Action item. Give the lines below again exactly, starting with the line that holds "pub build_logger : ℤ → Result BuiltLogger" and going on through the line that holds "cluster_cfg = cluster_cfg;".

Dataset entries:
========================================

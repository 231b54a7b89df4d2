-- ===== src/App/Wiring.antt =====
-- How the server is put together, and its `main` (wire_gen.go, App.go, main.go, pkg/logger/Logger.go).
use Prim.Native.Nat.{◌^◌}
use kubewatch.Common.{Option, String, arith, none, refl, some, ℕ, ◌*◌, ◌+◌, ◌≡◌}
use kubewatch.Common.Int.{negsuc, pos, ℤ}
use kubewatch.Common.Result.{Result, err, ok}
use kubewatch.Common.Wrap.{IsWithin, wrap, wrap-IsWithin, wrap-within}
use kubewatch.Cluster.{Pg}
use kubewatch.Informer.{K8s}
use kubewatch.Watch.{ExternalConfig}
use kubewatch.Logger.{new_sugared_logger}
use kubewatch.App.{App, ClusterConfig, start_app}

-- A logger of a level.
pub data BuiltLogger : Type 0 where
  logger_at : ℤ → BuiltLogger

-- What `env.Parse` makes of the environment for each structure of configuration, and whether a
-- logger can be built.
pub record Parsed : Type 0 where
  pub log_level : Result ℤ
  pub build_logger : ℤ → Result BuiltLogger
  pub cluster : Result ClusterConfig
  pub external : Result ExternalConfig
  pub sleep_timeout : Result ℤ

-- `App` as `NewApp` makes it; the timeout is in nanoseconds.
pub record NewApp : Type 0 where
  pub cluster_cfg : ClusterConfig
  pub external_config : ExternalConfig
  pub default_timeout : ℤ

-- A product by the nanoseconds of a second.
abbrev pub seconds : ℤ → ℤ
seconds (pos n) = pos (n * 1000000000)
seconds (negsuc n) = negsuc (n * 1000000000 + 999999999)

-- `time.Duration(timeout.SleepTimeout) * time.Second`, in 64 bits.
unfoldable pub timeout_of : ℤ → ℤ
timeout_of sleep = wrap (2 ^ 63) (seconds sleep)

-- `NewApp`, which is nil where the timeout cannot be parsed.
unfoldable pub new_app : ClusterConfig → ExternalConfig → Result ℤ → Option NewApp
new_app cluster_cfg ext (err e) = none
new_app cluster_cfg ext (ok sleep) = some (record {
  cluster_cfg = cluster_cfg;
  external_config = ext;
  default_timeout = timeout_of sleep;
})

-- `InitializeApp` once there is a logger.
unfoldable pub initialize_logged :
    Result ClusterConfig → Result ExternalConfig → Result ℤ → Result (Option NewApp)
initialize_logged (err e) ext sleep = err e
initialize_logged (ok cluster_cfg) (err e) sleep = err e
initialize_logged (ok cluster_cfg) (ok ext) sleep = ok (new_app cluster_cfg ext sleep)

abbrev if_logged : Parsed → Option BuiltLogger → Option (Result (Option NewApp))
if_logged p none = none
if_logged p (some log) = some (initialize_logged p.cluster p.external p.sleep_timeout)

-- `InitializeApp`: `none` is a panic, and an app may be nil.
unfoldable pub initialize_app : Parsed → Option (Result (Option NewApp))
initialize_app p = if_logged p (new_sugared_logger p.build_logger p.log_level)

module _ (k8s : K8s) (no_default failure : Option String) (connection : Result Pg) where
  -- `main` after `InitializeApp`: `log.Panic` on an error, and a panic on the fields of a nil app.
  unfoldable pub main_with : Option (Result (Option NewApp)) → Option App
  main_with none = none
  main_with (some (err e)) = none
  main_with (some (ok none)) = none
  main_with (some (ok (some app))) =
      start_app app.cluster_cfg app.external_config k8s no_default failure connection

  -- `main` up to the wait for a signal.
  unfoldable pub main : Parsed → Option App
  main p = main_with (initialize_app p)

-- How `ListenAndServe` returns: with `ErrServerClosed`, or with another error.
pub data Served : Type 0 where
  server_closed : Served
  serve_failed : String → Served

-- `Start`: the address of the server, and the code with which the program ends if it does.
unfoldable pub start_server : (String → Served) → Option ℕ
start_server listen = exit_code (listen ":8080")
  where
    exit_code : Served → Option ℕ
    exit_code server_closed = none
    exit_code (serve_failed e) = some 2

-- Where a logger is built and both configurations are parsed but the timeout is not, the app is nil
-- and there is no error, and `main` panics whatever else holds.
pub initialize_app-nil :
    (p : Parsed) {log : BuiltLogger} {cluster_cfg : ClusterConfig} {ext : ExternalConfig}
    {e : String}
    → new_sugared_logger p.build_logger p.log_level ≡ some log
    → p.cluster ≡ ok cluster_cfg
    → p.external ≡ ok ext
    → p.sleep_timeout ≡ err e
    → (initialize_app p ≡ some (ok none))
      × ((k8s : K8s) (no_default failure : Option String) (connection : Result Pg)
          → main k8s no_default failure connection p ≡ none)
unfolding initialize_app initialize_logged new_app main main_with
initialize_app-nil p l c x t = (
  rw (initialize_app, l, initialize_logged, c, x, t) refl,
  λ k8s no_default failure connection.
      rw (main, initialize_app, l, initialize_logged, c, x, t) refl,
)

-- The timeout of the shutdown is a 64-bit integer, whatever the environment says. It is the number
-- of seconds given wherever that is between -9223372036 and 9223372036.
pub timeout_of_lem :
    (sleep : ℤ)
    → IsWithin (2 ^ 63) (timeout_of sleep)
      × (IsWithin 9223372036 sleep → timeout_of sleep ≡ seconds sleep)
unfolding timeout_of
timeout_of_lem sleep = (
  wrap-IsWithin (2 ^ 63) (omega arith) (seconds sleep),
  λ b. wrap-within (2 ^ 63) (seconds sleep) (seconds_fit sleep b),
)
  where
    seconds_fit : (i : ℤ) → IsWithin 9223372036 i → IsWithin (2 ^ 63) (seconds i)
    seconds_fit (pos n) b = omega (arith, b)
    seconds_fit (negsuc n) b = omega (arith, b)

========================================

Response.
  pub build_logger : ℤ → Result BuiltLogger
  pub cluster : Result ClusterConfig
  pub external : Result ExternalConfig
  pub sleep_timeout : Result ℤ

-- `App` as `NewApp` makes it; the timeout is in nanoseconds.
pub record NewApp : Type 0 where
  pub cluster_cfg : ClusterConfig
  pub external_config : ExternalConfig
  pub default_timeout : ℤ

-- A product by the nanoseconds of a second.
abbrev pub seconds : ℤ → ℤ
seconds (pos n) = pos (n * 1000000000)
seconds (negsuc n) = negsuc (n * 1000000000 + 999999999)

-- `time.Duration(timeout.SleepTimeout) * time.Second`, in 64 bits.
unfoldable pub timeout_of : ℤ → ℤ
timeout_of sleep = wrap (2 ^ 63) (seconds sleep)

-- `NewApp`, which is nil where the timeout cannot be parsed.
unfoldable pub new_app : ClusterConfig → ExternalConfig → Result ℤ → Option NewApp
new_app cluster_cfg ext (err e) = none
new_app cluster_cfg ext (ok sleep) = some (record {
  cluster_cfg = cluster_cfg;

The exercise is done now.